- Promotional image
- Born: Russell Louis Metty September 20, 1906 Los Angeles, California, U.S.
- Died: April 28, 1978 (aged 71) Los Angeles, California, U.S.
- Occupation: Cinematographer
- Awards: See below

= Russell Metty =

American cinematographer (1906-1978)

Russell Louis Metty, ASC (September 20, 1906 – April 28, 1978) was an American cinematographer. Described by Charlton Heston as “unquestionably one of the great cameramen,” he worked on over 170 film and television productions between 1934 and 1977, and was noted for his versatility across many different genres and styles.
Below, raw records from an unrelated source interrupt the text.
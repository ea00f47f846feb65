-- ===== src/AltServers/Closeness.antt =====
-- The closeness of two addresses is the length of the prefix that they share, in groups of 4 bits.
use dnbd.Base.{
  ℕ, zero, suc, ◌*◌, ◌/◌, ◌%◌, ◌≤◌, ◌≡◌, ◌≢◌, ◌↔◌, refl, ap, true, none, some, List, [], ◌∷◌, ◌==◌,
  length, take, arith,
}
use dnbd.AltServers.Defs.{Host, closeness, net_closeness, addr_size}

-- The groups of 4 bits of an address, from the left.
abbrev pub nibbles : List ℕ → List ℕ
nibbles [] = []
nibbles (x ∷ xs) = x / 16 ∷ (x % 16) ∷ nibbles xs

closeness_iff :
    (n : ℕ) (xs ys : List ℕ) (k : ℕ)
    → n ≤ length xs
    → n ≤ length ys
    → k ≤ 2 * n
    → (k ≤ closeness n xs ys) ↔ (take k (nibbles xs) ≡ take k (nibbles ys))
unfolding closeness
closeness_iff n xs ys zero hx hy hk = (λ h. refl, λ h. omega arith)
closeness_iff zero xs ys (suc k) hx hy hk = absurd (omega arith)
closeness_iff (suc n) [] ys (suc k) hx hy hk = absurd (omega arith)
closeness_iff (suc n) (x ∷ xs) [] (suc k) hx hy hk = absurd (omega arith)
closeness_iff (suc n) (x ∷ xs) (y ∷ ys) (suc zero) hx hy hk = (λ h. ground arith, λ h. ground arith)
closeness_iff (suc n) (x ∷ xs) (y ∷ ys) (suc (suc k)) hx hy hk =
    let ih = closeness_iff n xs ys k (omega arith) (omega arith) (omega arith) in
    (λ h. ground (arith, ih.0), λ h. ground (arith, ih.1))

closeness_comm : (n : ℕ) (xs ys : List ℕ) → closeness n xs ys ≡ closeness n ys xs
unfolding closeness
closeness_comm zero xs ys = refl
closeness_comm (suc n) [] [] = refl
closeness_comm (suc n) [] (y ∷ ys) = refl
closeness_comm (suc n) (x ∷ xs) [] = refl
closeness_comm (suc n) (x ∷ xs) (y ∷ ys) = ground (arith, closeness_comm n xs ys)

-- The closeness of two hosts, either way round.
pub record Close (a b : Host) : Type 0 where
  pub value : ℕ
  pub forth : net_closeness a b ≡ some value
  pub back : net_closeness b a ≡ some value
  pub exact :
      (k : ℕ)
      → k ≤ 2 * addr_size a
      → (k ≤ value) ↔ (take k (nibbles a.addr) ≡ take k (nibbles b.addr))

-- For two hosts of one address family, with addresses of 16 bytes, the closeness is at least `k`, for any
-- `k` up to the number of groups of 4 bits of the family's addresses, exactly when the first `k` such
-- groups agree, and it does not depend on the order of the hosts; for hosts of two families it is -1.
pub net_closeness_iff :
    (a b : Host)
    → length a.addr ≡ 16
    → length b.addr ≡ 16
    → (a.kind ≡ b.kind → Close a b) × (a.kind ≢ b.kind → net_closeness a b ≡ none)
unfolding net_closeness
net_closeness_iff a b ha hb = (
  λ e.
      let forth : (a.kind == b.kind) ≡ true = ground arith in
      let back : (b.kind == a.kind) ≡ true = ground arith in
      let size : addr_size b ≡ addr_size a = ground arith in
      let few : addr_size a ≤ 16 = ground arith in
      record {
        value = closeness (addr_size a) a.addr b.addr;
        forth = rw forth refl;
        back = rw (back, size) (ap some (closeness_comm (addr_size a) b.addr a.addr));
        exact = λ k hk. closeness_iff (addr_size a) a.addr b.addr k (omega arith) (omega arith) hk;
      },
  λ n. ground arith,
)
Metty was best known for his collaborations with directors Douglas Sirk, with whom he worked on in 11 films, and Orson Welles. He won the Academy Award for Best Cinematography (Color) for his work on Stanley Kubrick’s 1960 film Spartacus, with a second nomination for the musical Flower Drum Song (1961).

== Early life ==
Metty was born and raised in Los Angeles, California, to George Andrew Metty and Ida Blanche Campbell. His career began around 1925 as an assistant with Standard Film Laboratory, then was hired by Paramount Pictures to work in the camera department. He left for RKO in 1929.

==Career==
His first film as cinematographer was the 1934 Richard Dix Western West of the Pecos.

Metty became a regular cameraman at Universal. He became known for his versatility across different genres and styles, both in black-and-white and color photography. He was a collaborator of Orson Welles during the 1940s. He was the pre-production test photographer for Citizen Kane, shot additional scenes for The Magnificent Ambersons, and was the main director of photography for The Stranger and Touch of Evil.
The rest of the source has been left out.